The company further specified that various analytical methods are necessary within casualty ILS, which encompass accumulation drivers and exposure “hot spots”, deterministic scenarios that illustrate judicial shocks, economic recessions, governance breakdowns, surges in social inflation, and supply-chain disruptions.

Allphins additionally observes that casualty ILS investors seek to understand measures of portfolio diversification and volatility influenced by correlation clusters and behavioral dynamics, along with forward-looking indicators instead of historical averages, and a clear representation of exposure characteristics in relation to frequency and severity outcomes.

Turning towards the wider casualty insurance space, Allphins acknowledges that the market is currently undergoing a profound structural shift.

“For decades, the industry relied on traditional actuarial methods, incremental trend adjustments, and the assumption that historical loss development could serve as a reasonable proxy for future performance. That paradigm has fractured. Social inflation, accentuated by nuclear verdicts, litigation funding, supply-chain fragility, economic volatility, and the rapid adoption of artificial intelligence have created a fundamentally different risk environment – one defined by systemic forces rather than isolated events,” Allphins explained.

Adding: “These drivers are correlated, behavioural, and accelerating. Casualty insurance has always been a long-tail business, but today the tail is longer, fatter, and more sensitive to shifts in judicial sentiment, public expectations, and macroeconomic stress. Traditional tools struggle to keep pace. Loss emergence is more volatile, severity is less predictable, and frequency is increasingly shaped by human behaviour, legal dynamics, and societal change rather than operational hazard alone.”

In light of this, the company contends that actuarial techniques, such as deriving the calculation of an expected loss ratio (ELR) based on experience analysis and the application of several trend factors, are no longer adequate.

Furthermore, it is noted that investors, reinsurers, and cedents of original risk require transparency, defensibility, and a clear explanation of the systemic factors inherent in a portfolio.

Allphins further emphasises that to effectively structure and price casualty risk, underwriters on both the cedent and capacity sides must embrace a more data-driven approach than what traditional experience studies can offer.

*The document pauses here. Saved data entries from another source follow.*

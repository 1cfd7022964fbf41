-- ===== src/Breaker/Recovery.antt =====
-- crates/moaray/src/breaker.rs: how an open breaker recovers through half-open probes.
use moaray.Base.{
  ℕ, suc, ◌+◌, ◌≤◌, ◌<◌, max, ◌≡◌, refl, false, none, some, arith, List, [], ◌∷◌, length,
}
use moaray.Core.Error.{Error}
use moaray.Base.Result.{Result, ok, err}
use moaray.Breaker.{
  closed, open_, half_open, Admission, probe, Breaker, check_at, on_success_at, nanos_of_millis,
}
use moaray.Breaker.Invariant.{IsValid}

-- A call that succeeds: the gate, then the outcome under the token that the gate gave.
succeed_with : Breaker → Result Admission Error → ℕ → Breaker
succeed_with b (ok a) now = on_success_at b now a
succeed_with b (err e) now = b

pub succeed : Breaker → ℕ → Breaker
unfolding succeed_with
succeed b now = let (b', r) = check_at b now in succeed_with b' r now

pub succeed_all : Breaker → List ℕ → Breaker
succeed_all b [] = b
succeed_all b (now ∷ ts) = succeed_all (succeed b now) ts

abbrev reset : Breaker → Breaker
reset b = record b {
  state = closed;
  consecutive_failures = 0;
  consecutive_successes = 0;
  opened_at = none;
  probe_in_flight = false;
}

succeed-advances :
    (b : Breaker) (now : ℕ)
    → IsValid b
    → b.state ≡ half_open
    → b.probe_in_flight ≡ false
    → suc b.consecutive_successes < max b.cfg.half_open_successes 1
    → succeed b now ≡ record b { consecutive_successes = suc b.consecutive_successes }
unfolding succeed check_at on_success_at
succeed-advances b now v c f h = ground (arith, v.range.successes)

succeed-closes :
    (b : Breaker) (now : ℕ)
    → IsValid b
    → b.state ≡ half_open
    → b.probe_in_flight ≡ false
    → suc b.consecutive_successes ≡ max b.cfg.half_open_successes 1
    → succeed b now ≡ reset b
unfolding succeed check_at on_success_at
succeed-closes b now v c f h = ground (arith, v.range.successes)

succeed_all-resets :
    (b : Breaker) (now : ℕ) (ts : List ℕ)
    → IsValid b
    → b.state ≡ half_open
    → b.probe_in_flight ≡ false
    → b.consecutive_successes + length ts + 1 ≡ max b.cfg.half_open_successes 1
    → succeed_all b (now ∷ ts) ≡ reset b
unfolding succeed_all
succeed_all-resets b now [] v c f h = succeed-closes b now v c f (omega arith)
succeed_all-resets b now (next ∷ ts) v c f h =
    let b' = record b { consecutive_successes = suc b.consecutive_successes } in
    rw (succeed-advances b now v c f (omega arith))
      (succeed_all-resets b' next ts (ground arith) c f (omega arith))

abbrev pub OpenedFor : Breaker → ℕ → ℕ → Type 0
OpenedFor b t now = (b.opened_at ≡ some t) × (t + nanos_of_millis b.cfg.open_ms ≤ now)

abbrev probing : Breaker → Breaker
probing b = record b { state = half_open; consecutive_successes = 0; probe_in_flight = false }

-- The first call after the cooldown acts as the half-open breaker's next probe does.
succeed-first :
    (b : Breaker) (t now : ℕ)
    → b.state ≡ open_
    → OpenedFor b t now
    → succeed b now ≡ succeed (probing b) now
unfolding succeed check_at
succeed-first b t now o e = ground arith

-- Once the cooldown is over an open breaker admits a probe, and the configured number of
-- successful probes in a row (at least 1) closes it with its counters and its date cleared.
pub succeed_all-recovers :
    (b : Breaker) (t first : ℕ) (ts : List ℕ)
    → IsValid b
    → b.state ≡ open_
    → OpenedFor b t first
    → length ts + 1 ≡ max b.cfg.half_open_successes 1
    → ((check_at b first).1 ≡ ok probe)
      × (succeed_all b (first ∷ ts) ≡ record b {
        state = closed;
        consecutive_failures = 0;
        consecutive_successes = 0;
        opened_at = none;
        probe_in_flight = false;
      })
unfolding check_at succeed_all
succeed_all-recovers b t first ts v o e h = (
  ground arith,
  rw (succeed-first b t first o e)
      (succeed_all-resets (probing b) first ts (ground arith) refl refl (omega arith)),
)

It is insufficient to merely know the anticipated loss and profit. They need to comprehend the volatility inherent in the book, the shape and drivers of tail scenarios, how much premium can be erased by a single accumulation factor, and the likelihood of experiencing an underwriting loss over the specified horizon.

The firm also stresses that granular exposure data, enhanced with judicial climate indicators, supply-chain structure, corporate organisation, and operational characteristics, has become the cornerstone for modern casualty underwriting.

“This is especially true in reinsurance, where the trade is at portfolio level and systemic correlation is the key performance differentiator. By contrast, account‑by‑account rating on the primary side often overlooks portfolio‑level correlation entirely. Without the granular exposure data, pricing becomes guesswork, and risk-transfer structures drift out of alignment with capacity provider’s appetite,” Allphins added.